Task: For this exercise, return all the data exactly as it stands.

Stored items:
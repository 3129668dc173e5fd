-- ===== src/Batches/Once.antt =====
-- A batch is settled once: src/core/generation-batch.ts.
use shan_hai_edu_ppt.Base.{append_text, ◌+◌, ◌≡◌, true, String, is_some_text}
use shan_hai_edu_ppt.Contracts.Accounting.{StoredGenerationBatch}
use shan_hai_edu_ppt.Ports.{StepRecord, StoredRun}
use shan_hai_edu_ppt.Batches.Finalize.{Allocation}
use shan_hai_edu_ppt.Batches.Amounts.{total, page_units}
use shan_hai_edu_ppt.Batches.Steps.{Found}
use shan_hai_edu_ppt.Batches.Recorded.{Records}

-- What a finalization of the paid images does to the run's budget.
pub record Paid (s : StoredRun) (key : String) (t : StoredRun) : Type 0 where
  pub step : StepRecord
  pub batch : StoredGenerationBatch
  pub amounts : Allocation
  pub found : Found s key step batch
  pub estimated : total amounts ≡ batch.accounting.estimated_units
  pub carried : total amounts ≡ page_units batch.pages s.steps
  pub paid :
      t.run.policy.committed_budget_units + amounts.released_units
      ≡ s.run.policy.committed_budget_units
  pub recorded : Records key amounts.settled_units amounts.released_units t

-- What a finalization of images without a price does: the batch that was found under the key is
-- reserved as one of controlled rasters, nothing is recorded as settled or released, and the run
-- stays as it is.
pub record Unpriced (s : StoredRun) (key : String) (t : StoredRun) : Type 0 where
  pub step : StepRecord
  pub batch : StoredGenerationBatch
  pub found : Found s key step batch
  pub raster :
      is_some_text step.budget_reservation_id (append_text "controlled-raster:" batch.batch_id)
      ≡ true
  pub run_kept : t.run ≡ s.run
  pub recorded : Records key 0 0 t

Response to this exercise:
repository 3129668dc173e5fd
-- ===== src/Batches/Once.antt =====
-- A batch is settled once: src/core/generation-batch.ts.
use shan_hai_edu_ppt.Base.{append_text, ◌+◌, ◌≡◌, true, String, is_some_text}
use shan_hai_edu_ppt.Contracts.Accounting.{StoredGenerationBatch}
use shan_hai_edu_ppt.Ports.{StepRecord, StoredRun}
use shan_hai_edu_ppt.Batches.Finalize.{Allocation}
use shan_hai_edu_ppt.Batches.Amounts.{total, page_units}
use shan_hai_edu_ppt.Batches.Steps.{Found}
use shan_hai_edu_ppt.Batches.Recorded.{Records}

-- What a finalization of the paid images does to the run's budget.
pub record Paid (s : StoredRun) (key : String) (t : StoredRun) : Type 0 where
  pub step : StepRecord
  pub batch : StoredGenerationBatch
  pub amounts : Allocation
  pub found : Found s key step batch
  pub estimated : total amounts ≡ batch.accounting.estimated_units
  pub carried : total amounts ≡ page_units batch.pages s.steps
  pub paid :
      t.run.policy.committed_budget_units + amounts.released_units
      ≡ s.run.policy.committed_budget_units
  pub recorded : Records key amounts.settled_units amounts.released_units t

-- What a finalization of images without a price does: the batch that was found under the key is
-- reserved as one of controlled rasters, nothing is recorded as settled or released, and the run
-- stays as it is.
pub record Unpriced (s : StoredRun) (key : String) (t : StoredRun) : Type 0 where
  pub step : StepRecord
  pub batch : StoredGenerationBatch
  pub found : Found s key step batch
  pub raster :
      is_some_text step.budget_reservation_id (append_text "controlled-raster:" batch.batch_id)
      ≡ true
  pub run_kept : t.run ≡ s.run
  pub recorded : Records key 0 0 t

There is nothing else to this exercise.